I have to say, the way you have worded the question and the fact that you have put it on here would suggest that you are a million miles away from being able to keep a lynx properly...


----------



## JotnJosie (Apr 16, 2009)

bothrops said:


> Start by building your enclosure (I'd imagine around 25-30K should be enough for an adequate sized one including heated indoor area and suitable double door and isolation areas) Once this is done, then you can apply for your DWAL.
> 
> In order to obtain your DWAL for such an animal you'll have to have a very large portfolio of evidence of sufficient knowledge and experience to keep a medium sized cat species.
> 
> I have to say, the way you have worded the question and the fact that you have put it on here would suggest that you are a million miles away from being able to keep a lynx properly...


Very well said


----------



## benm767 (Feb 12, 2010)

*hi*

ok i think ill have a maine **** someone told me that the savanna cats are the largest but there not the longest are they maine ***** are 40 inch long


----------



## RENT-A-GOAT (Oct 25, 2009)

One of my cousins has maine ***** they are a big cat, very high maintainance (grooming, providing a source of running water for them to drink as they are not keen or good with still water, they are also very expensive to buy his were about £600 each as they nare full pedigree form a good breeder, cause no end of damage to things in the house and garden mainy the garden with trees and fence panels) but he has them well litter trained and they walk very well on their leads as he will not let them out loose due to A. the high value of them and B. the damage the could potentially cause to other cats, dogs, children etc. Definitly a decision you need to be very serious about they are not your regular tom/tabby cats. He has also heard they could be added to the dwa for counicl in some areas of the country.


----------



## Spuddy (Aug 24, 2009)

RENT-A-GOAT said:


> One of my cousins has maine ***** they are a big cat, very high maintainance (grooming, providing a source of running water for them to drink as they are not keen or good with still water, they are also very expensive to buy his were about £600 each as they nare full pedigree form a good breeder, cause no end of damage to things in the house and garden mainy the garden with trees and fence panels) but he has them well litter trained and they walk very well on their leads as he will not let them out loose due to A. the high value of them and B. the damage the could potentially cause to other cats, dogs, children etc. Definitly a decision you need to be very serious about they are not your regular tom/tabby cats. *He has also heard they could be added to the dwa for counicl in some areas of the country*.

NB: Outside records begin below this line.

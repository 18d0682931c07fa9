-- ===== src/Prelude/RowLaws.antt =====
-- Laws of the table statements.
use Prim.Native.Nat.{◌+◌, ◌≤◌}
use mathlib.Core.Path.{◌≡◌, refl}
use mathlib.Core.Bool.{Bool, true}
use mathlib.Core.Option.{Option, none, some}
use mathlib.Core.List.{List, [], ◌∷◌, ◌++◌}
use native.Mathlib.Omega.{arith}
use mergetrain.Prelude.Tests.{if◌then◌else◌, ltb}
use mergetrain.Prelude.Rows.{select, first, count_where, update_where, exists_where, length}

abbrev pub or_else {ℓ} : {A : Type ℓ} → Option A → Option A → Option A
or_else none o = o
or_else (some a) o = some a

abbrev pub option_map {ℓ κ} : {A : Type ℓ} {B : Type κ} → (A → B) → Option A → Option B
option_map f none = none
option_map f (some a) = some (f a)

module _ {ℓ} {A : Type ℓ} (p : A → Bool) where
  pub count_where-append :
      (xs ys : List A) → count_where p (xs ++ ys) ≡ count_where p xs + count_where p ys
  unfolding count_where
  count_where-append [] ys = omega arith
  count_where-append (x ∷ xs) ys = ground (arith, count_where-append xs ys)

  pub count_where-none : (xs : List A) → first p xs ≡ none → count_where p xs ≡ 0
  unfolding count_where first
  count_where-none [] h = refl
  count_where-none (x ∷ xs) h = ground (arith, count_where-none xs)

  pub first-true : (xs : List A) (x : A) → first p xs ≡ some x → p x ≡ true
  unfolding first
  first-true [] x h = cc
  first-true (y ∷ ys) x h = ground (arith, first-true ys x)

  pub update_where-none : (f : A → A) (xs : List A) → first p xs ≡ none → update_where p f xs ≡ xs
  unfolding first update_where
  update_where-none f [] h = refl
  update_where-none f (x ∷ xs) h = ground (arith, update_where-none f xs)

  pub update_where-count_where :
      (f : A → A) (xs : List A) → count_where p xs ≡ 0 → update_where p f xs ≡ xs
  unfolding count_where update_where
  update_where-count_where f [] h = refl
  update_where-count_where f (x ∷ xs) h = ground (arith, update_where-count_where f xs)

  pub first-append : (xs ys : List A) → first p (xs ++ ys) ≡ or_else (first p xs) (first p ys)
  unfolding first
  first-append [] ys = refl
  first-append (x ∷ xs) ys = ground (arith, first-append xs ys)

  pub exists_where-count_where : (xs : List A) → exists_where p xs ≡ ltb 0 (count_where p xs)
  unfolding exists_where count_where
  exists_where-count_where [] = refl
  exists_where-count_where (x ∷ xs) = ground (arith, exists_where-count_where xs)

  pub length-select : (xs : List A) → length (select p xs) ≡ count_where p xs
  unfolding select count_where
  length-select [] = refl
  length-select (x ∷ xs) = ground (arith, length-select xs)

module _ {ℓ} {A : Type ℓ} (q p : A → Bool) (f : A → A) where
  -- An update of rows that does not make the test true makes it true of no more rows.
  pub count_where-update_where_le :
      ((x : A) → p x ≡ true → q (f x) ≡ true → q x ≡ true)
      → (xs : List A) → count_where q (update_where p f xs) ≤ count_where q xs
  unfolding count_where update_where
  count_where-update_where_le keep [] = omega arith
  count_where-update_where_le keep (x ∷ xs) =
      ground (arith, keep x, count_where-update_where_le keep xs)

  -- A test that the update does not touch finds the same row, updated.
  pub first-update_where :
      ((x : A) → q (f x) ≡ q x)
      → (xs : List A)
      → first q (update_where p f xs) ≡ option_map (λ x. if p x then f x else x) (first q xs)
  unfolding first update_where
  first-update_where same [] = refl
  first-update_where same (x ∷ xs) = ground (arith, same x, first-update_where same xs)

  pub count_where-update_where :
      ((x : A) → q (f x) ≡ q x)
      → (xs : List A) → count_where q (update_where p f xs) ≡ count_where q xs
  unfolding count_where update_where
  count_where-update_where same [] = refl
  count_where-update_where same (x ∷ xs) = ground (arith, same x, count_where-update_where same xs)

pub update_where-append {ℓ} :
    {A : Type ℓ} (p : A → Bool) (f : A → A) (xs ys : List A)
    → update_where p f (xs ++ ys) ≡ update_where p f xs ++ update_where p f ys
unfolding update_where
update_where-append p f [] ys = refl
update_where-append p f (x ∷ xs) ys = ground (arith, update_where-append p f xs ys)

I thought animals couldnt be on the DWA for only certain parts of the country, it was either all of them or none of them?


----------



## Blue Lizard Reptiles (Jul 9, 2010)

Spuddy said:


> I thought animals couldnt be on the DWA for only certain parts of the country, it was either all of them or none of them?

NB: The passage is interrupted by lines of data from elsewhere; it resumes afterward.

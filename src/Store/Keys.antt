-- ===== src/Store/Keys.antt =====
-- Rows under distinct keys: a statement on one key touches one row.
use mergetrain.Prelude.{
  ◌⊎◌, Each, Each-update_where, ℕ, ◌+◌, ◌≤◌, ◌<◌, ◌≡◌, refl, inl, inr, Bool, true, false, some,
  List, [], ◌∷◌, arith, first, count_where, update_where, elem, length, if◌then◌else◌, nat_column,
  Bool-cases,
}
use mergetrain.Prelude.RowLaws.{option_map, first-update_where, first-true}
use mergetrain.Model.{Job}
use mergetrain.Store.Defs.{Store}
use mergetrain.Store.Table.{by_id, find_job, update_jobs}

abbrev pub Distinct : List Job → Type 0
Distinct js = (k : ℕ) → count_where (by_id k) js ≤ 1

-- What implies a test counts at most as often.
pub count_where_mono :
    (p q : Job → Bool)
    → ((j : Job) → p j ≡ true → q j ≡ true)
    → (js : List Job) → count_where p js ≤ count_where q js
unfolding count_where
count_where_mono p q h [] = omega arith
count_where_mono p q h (j ∷ js) = ground (arith, h j, count_where_mono p q h js)

-- A test of one key that one row passes is passed by the row that the key finds.
pub the_row :
    (k : ℕ) (p : Job → Bool)
    → ((j : Job) → p j ≡ true → by_id k j ≡ true)
    → (js : List Job) → count_where (by_id k) js ≤ 1
    → 0 < count_where p js
    → (j : Job) × (first (by_id k) js ≡ some j) × (p j ≡ true)
unfolding count_where first
the_row k p h [] one some_row = absurd (omega arith)
the_row k p h (j ∷ js) one some_row = elim (Bool-cases (p j)) [
  | inl hit ↦ (j, rw (h j hit), hit)
  | inr miss ↦ elim (Bool-cases (by_id k j)) [
    | inl key ↦ absurd (ground (arith, count_where_mono p (by_id k) h js))
    | inr other ↦ ground (arith, the_row k p h js)
  ]
]

-- A test that implies one of two others counts at most as often as the two.
pub count_where-split :
    (r p q : Job → Bool)
    → ((j : Job) → r j ≡ true → (p j ≡ true) ⊎ (q j ≡ true))
    → (js : List Job) → count_where r js ≤ count_where p js + count_where q js
unfolding count_where
count_where-split r p q h [] = omega arith
count_where-split r p q h (j ∷ js) = ground (arith, h j, count_where-split r p q h js)

count_where-false :
    (p : Job → Bool) → ((j : Job) → p j ≡ false) → (js : List Job) → count_where p js ≡ 0
unfolding count_where
count_where-false p h [] = refl
count_where-false p h (j ∷ js) = ground (arith, h j, count_where-false p h js)

-- No more rows have a key of a list than the list is long.
pub count_where-elem :
    (ks : List ℕ) (js : List Job) → Distinct js → count_where (λ j. elem j.id ks) js ≤ length ks
unfolding elem
count_where-elem [] js d = omega (arith, count_where-false (λ j. elem j.id []) (λ j. refl) js)
count_where-elem (k ∷ ks) js d = omega (
  arith,
  d k,
  count_where-elem ks js d,
  count_where-split (λ j. elem j.id (k ∷ ks)) (by_id k) (λ j. elem j.id ks) (λ j h. ground arith)
      js,
)

-- What an update does to the row under a key.
pub find_job-update_jobs :
    (k : ℕ) (p : Job → Bool) (f : Job → Job)
    → ((j : Job) → (f j).id ≡ j.id)
    → (s : Store)
    → find_job k (update_jobs p f s) ≡ option_map (λ j. if p j then f j else j) (find_job k s)
unfolding find_job
find_job-update_jobs k p f same s = first-update_where (by_id k) p f (λ j. rw (same j)) s.jobs

pub find_job-by_id : (k : ℕ) (s : Store) (j : Job) → find_job k s ≡ some j → by_id k j ≡ true
unfolding find_job
find_job-by_id k s j h = first-true (by_id k) s.jobs j h

-- A row is as it was, unless it has the key.
abbrev pub Frame : ℕ → Job → Job → Type 0
Frame k a b = (b.id ≡ a.id) × (by_id k a ≡ false → b ≡ a)

pub Frame-trans : (k : ℕ) (a b c : Job) → Frame k a b → Frame k b c → Frame k a c
Frame-trans k a b c f g = (ground arith, λ other. ground (arith, f.1 other))

pub Frame-update_where :
    (k : ℕ) (p : Job → Bool) (f : Job → Job)
    → ((j : Job) → (f j).id ≡ j.id)
    → ((j : Job) → p j ≡ true → by_id k j ≡ true)
    → (js : List Job) → Each (Frame k) js (update_where p f js)
Frame-update_where k p f same key js =
    Each-update_where (Frame k) p f js (λ j hit. (same j, λ other. ground (arith, key j hit)))
      (λ j miss. (refl, λ other. refl))

pub find_job-first :
    (k : ℕ) (s : Store) (j : Job) → first (by_id k) s.jobs ≡ some j → find_job k s ≡ some j
unfolding find_job
find_job-first k s j h = h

That's correct as far as I'm aware.

To the OP. You sound like you're not sure what you want, and don't sound like you've got the hours and hours of experience needed to own a big cat.

These are not a species to be taken lightly, or bought on a whim. Spend a bit of time doing some research, and getting some experience, and when you come back you'll be able to answer our questions. : victory:


----------



## RENT-A-GOAT (Oct 25, 2009)

I am unsure of this as I dont know all the ins and outs, about the dwa system I just posted what my cousin has told me in reference to his cats when I have questioned him about them, he mentioned the dwa thing the last time I spoke to him on the phone as he was concerned as he has had them both since they were kittens and they are now 3yr olds. 

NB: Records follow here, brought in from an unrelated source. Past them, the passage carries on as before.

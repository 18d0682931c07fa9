-- ===== src/Store.antt =====
-- The queue database, its write transactions and its tables.
mod Defs
mod Table
mod Kept
mod Keys
unfoldable pub use Defs.*
unfoldable pub use Table.*
pub use Kept.*
pub use Keys.*
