-- ===== src/Leases.antt =====
-- The runner lock and the recovery of a stopped runner's claims
-- (src/mergetrain/persistence/leases.py). The liveness of a process is asked of the operating system
-- and enters with `Env`.
pub mod Split
pub mod Fencing
pub mod Acquired
use mergetrain.Prelude.{
  ℕ, suc, ◌+◌, ◌-◌, ◌≡◌, Bool, true, false, not, ◌&&◌, Option, none, some, List, [], ◌∷◌, String,
  ltb, leb, if◌then◌else◌, nonempty, keep, keep_text, ◌<>◌, is_some, select, count_where,
  exists_where, update_where, map, ◌==◌, nat_column, text_column,
}
use mergetrain.Model.{
  Job, Status, status_column, Stamp, RunnerLock, Liveness, alive, dead, unknown, queued,
  in_progress, canceled, needs_reconcile, PushStatus, VerifyStatus, no_validation, has_marker,
}
use mergetrain.Store.{
  Store, Env, Error, Outcome, ok, err, M, ◌>>=◌, ◌>>◌, return, raise, reads, modify, require,
  immediate, lock_held, lost_lease, cancellation_requested, update_jobs, has_status, utc_now,
  parse_utc, plus_minutes,
}

unfoldable pub in_progress_count : Store → ℕ
in_progress_count s = count_where (has_status in_progress) s.jobs

-- Nothing was pushed, so the cancel is honored offline.
abbrev pub is_canceled_orphan : Job → Bool
is_canceled_orphan j =
    has_status in_progress j && is_some j.cancel_requested_at && not (has_marker j)

abbrev pub cancel_orphan : Env → Job → Job
cancel_orphan env j = record j {
  status = canceled;
  finished_at = utc_now env;
  claim_token = "";
  note = if nonempty j.note then j.note else "canceled after previous runner stopped";
}

-- A push may have landed: only the remote can tell.
abbrev pub is_pushed_orphan : Job → Bool
is_pushed_orphan j = has_status in_progress j && has_marker j

abbrev pub park_orphan : Job → Job
park_orphan j = record j {
  status = needs_reconcile;
  claim_token = "";
  note = "parked for reconcile after previous runner stopped";
}

abbrev pub requeue_orphan : Job → Job
requeue_orphan j = record j {
  status = queued;
  started_at = none;
  claim_token = "";
  cancel_requested_at = none;
  note =
      if nonempty j.train_id
      then "re-queued by mergetrain (previous runner gone); validated train " <> j.train_id
        <> " was dissolved - validate and re-approve before deploying"
      else "re-queued by mergetrain (previous runner gone)";
  deploy_sha = "";
  push_status = PushStatus.not_run;
  verify_status = VerifyStatus.not_run;
  validation = no_validation;
}

-- The three statements of `_requeue_orphans`, in their order.
unfoldable pub requeue_orphans : Env → Store → Store
requeue_orphans env s =
    let s₁ = update_jobs is_canceled_orphan (cancel_orphan env) s in
    let s₂ = update_jobs is_pushed_orphan park_orphan s₁ in
    update_jobs (has_status in_progress) requeue_orphan s₂

-- One line of the preview of the split.
pub record ClaimPlan : Type 0 where
  pub job_id : ℕ
  pub branch : String
  pub train_id : String
  pub decision : Status

abbrev pub plan_claim : Job → ClaimPlan
plan_claim j = record {
  job_id = j.id;
  branch = j.branch;
  train_id = j.train_id;
  decision =
      if has_marker j
      then needs_reconcile
      else if is_some j.cancel_requested_at
      then canceled
      else queued;
}

unfoldable pub stranded_claim_plan : Store → List ClaimPlan
stranded_claim_plan s = map plan_claim (select (has_status in_progress) s.jobs)

-- leases.active_runner_lock
unfoldable pub active_runner_lock : Env → Store → Option RunnerLock
active_runner_lock env s = elim s.lock [
  | none ↦ none
  | some lock ↦
      let expired = leb (parse_utc lock.expires_at) env.now in
      if not (nonempty lock.token) then none else elim (env.owner_liveness lock.owner) [
        | alive ↦ some lock
        | unknown ↦ if expired then none else some lock
        | dead ↦ none
      ]
]

-- leases.live_worktree_path, with models.RunnerLock.live_worktree
pub live_worktree_path : Env → Store → Option String
live_worktree_path env s = elim s.lock [
  | none ↦ none
  | some lock ↦ elim (env.owner_liveness lock.owner) [
    | dead ↦ none
    | _ ↦ if nonempty lock.worktree_path then some lock.worktree_path else none
  ]
]

pub data Takeover : Type 0 where
  refuse split clear free : Takeover

-- leases.lock_takeover, without the wording of the refusal
unfoldable pub lock_takeover : Env → Store → Takeover
lock_takeover env s =
    let working = ltb 0 (in_progress_count s) in
    elim s.lock [
      | none ↦ if working then split else free
      | some lock ↦
          let held = ltb env.now (parse_utc lock.expires_at) in
          elim (env.owner_liveness lock.owner) [
            | dead ↦ split
            | _ ↦ if held then refuse else if working then refuse else clear
          ]
    ]

abbrev pub delete_lock : Store → Store
delete_lock s = record s { lock = none }

abbrev pub new_lock : Env → String → ℕ → String → String → RunnerLock
new_lock env owner ttl_minutes worktree_path head_sha = record {
  owner = owner;
  worktree_path = worktree_path;
  head_sha = head_sha;
  acquired_at = utc_now env;
  heartbeat_at = utc_now env;
  expires_at = plus_minutes env ttl_minutes;
  token = env.uuid;
}

abbrev pub clear_way : Env → Takeover → Store → Store
clear_way env refuse s = s
clear_way env split s = requeue_orphans env (delete_lock s)
clear_way env clear s = delete_lock s
clear_way env free s = s

abbrev pub take_lock : Env → RunnerLock → Takeover → M RunnerLock
take_lock env lock refuse s = err lock_held s
take_lock env lock action s = ok lock (record (clear_way env action s) { lock = some lock })

-- leases._acquire_runner_lock, inside the caller's transaction
unfoldable pub acquire_lock : Env → String → ℕ → String → String → M RunnerLock
acquire_lock env owner ttl_minutes worktree_path head_sha s =
    take_lock env
      (new_lock env (keep_text owner env.default_owner) ttl_minutes worktree_path head_sha)
      (lock_takeover env s) s

unfoldable pub acquire_runner_lock : Env → String → ℕ → String → String → M RunnerLock
acquire_runner_lock env owner ttl_minutes worktree_path head_sha =
    immediate env (acquire_lock env owner ttl_minutes worktree_path head_sha)

-- WHERE owner = ? AND token = ? AND (? IS NULL OR heartbeat_at = ?)
abbrev pub stamp_eq : Stamp → Stamp → Bool
stamp_eq none none = true
stamp_eq none (some _) = false
stamp_eq (some _) none = false
stamp_eq (some a) (some b) = a == b

abbrev heartbeat_is : Option Stamp → Stamp → Bool
heartbeat_is none at = true
heartbeat_is (some wanted) at = stamp_eq at wanted

abbrev pub owns : String → String → RunnerLock → Bool
owns owner token lock = lock.owner == owner && lock.token == token

abbrev pub holds : String → String → Store → Bool
holds owner token s = elim s.lock [ none ↦ false | some lock ↦ owns owner token lock ]

-- leases._release_lock_token
unfoldable pub release_lock_token : String → String → Option Stamp → M Bool
release_lock_token owner token heartbeat_at s = elim s.lock [
  | none ↦ ok false s
  | some lock ↦
      if owns owner token lock && heartbeat_is heartbeat_at lock.heartbeat_at
      then ok true (delete_lock s)
      else ok false s
]

unfoldable pub release_runner_lock : Env → String → String → M Bool
release_runner_lock env owner token = immediate env (release_lock_token owner token none)

abbrev pub renew : Env → ℕ → Option String → Option String → RunnerLock → RunnerLock
renew env ttl_minutes worktree_path head_sha lock = record lock {
  heartbeat_at = utc_now env;
  expires_at = plus_minutes env ttl_minutes;
  worktree_path = keep worktree_path lock.worktree_path;
  head_sha = keep head_sha lock.head_sha;
}

abbrev pub is_canceled_claim : String → Job → Bool
is_canceled_claim token j =
    has_status in_progress j && j.claim_token == token && is_some j.cancel_requested_at

-- The UPDATE of the lock row, with its test of `rowcount`.
abbrev pub renew_lock : Env → String → String → ℕ → Option String → Option String → M (Unit {0})
renew_lock env owner token ttl_minutes worktree_path head_sha s = elim s.lock [
  | none ↦ err lost_lease s
  | some lock ↦
      if owns owner token lock
      then ok tt (record s { lock = some (renew env ttl_minutes worktree_path head_sha lock) })
      else err lost_lease s
]

unfoldable pub refresh_runner_lock :
    Env → String → String → ℕ → Option String → Option String → Bool → M (Unit {0})
refresh_runner_lock env owner token ttl_minutes worktree_path head_sha check_cancel = do
  require (nonempty token) lost_lease
  immediate env do
    renew_lock env owner token ttl_minutes worktree_path head_sha
    canceled_claim ← reads (λ s. exists_where (is_canceled_claim token) s.jobs)
    require (not (check_cancel && canceled_claim)) cancellation_requested

abbrev within : Bool → Env → M Bool → M Bool
within true env body = body
within false env body = immediate env body

-- leases.force_clear_lock_and_split, with whether the caller holds a transaction
unfoldable pub force_clear_lock_and_split : Env → Bool → String → String → Option Stamp → M Bool
force_clear_lock_and_split env in_transaction owner token heartbeat_at =
    within in_transaction env do
      released ← release_lock_token owner token heartbeat_at
      modify (λ s. if released then requeue_orphans env s else s)
      return released

-- `try: acquire except LockHeld: return 0`, and the release of the lock taken
abbrev pub after_acquire : Env → String → ℕ → Outcome RunnerLock → Outcome ℕ
after_acquire env owner before (ok lock t) =
    (do _ ← release_lock_token owner lock.token none; reads (λ u. before - in_progress_count u)) t
after_acquire env owner before (err lock_held t) = ok 0 t
after_acquire env owner before (err e t) = err e t

unfoldable pub recover_orphans : Env → String → ℕ → M ℕ
recover_orphans env owner ttl_minutes =
    let me = keep_text owner env.default_owner in
    immediate env (λ s.
      let before = in_progress_count s in
      if before == 0
      then ok 0 s
      else after_acquire env me before (acquire_lock env me ttl_minutes "" "" s))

I have just called him now to clarify and he has said " First generation supercats must be kept under licence in outdoor cages in the UK, due to the Dangerous Wild Animals Act. Later generations can be kept as normal pets, but the rspca and other lobby groups are calling for all generations of super cats to be liscensed due to the risk they could potentialy pose to other domesic cats breeds, small/meduim dog breeds and infants and toddlers" If this ever happens he doesnt know as its jsut specualtion at the moment. But he did say that maines are a huge commitment and one not to be rushed into lightly or fool hardidly but if you do your homework and have the right circumstances they are incredible animals and he says he would never be without a maine now and that they are better than dogs anyday.


​


----------



## miss_mystra (Jun 24, 2010)

Maybe you should really think long and hard about this first... you sound like you have no idea... you don't even know what a lynx would eat!! it's not going to be a tin of whiskers!

Lynx cubs surprisingly enough turn into fully grown lynx... and then you say you want a Savannah cat or a maine coone cat... what is your interest in them? it just sounds like you want a biggish cat for the sake of having one i'm afraid...

What experience do you have with cats in general? then of course these kinds of cats are a different matter entirely i'm sure.

i don't think you can flog a lynx cub on gumtree when its gotten too big for your house!


----------



## Ssthisto (Aug 31, 2006)

RENT-A-GOAT said:


> One of my cousins has maine ***** they are a big cat... He has also heard they could be added to the dwa for counicl in some areas of the country.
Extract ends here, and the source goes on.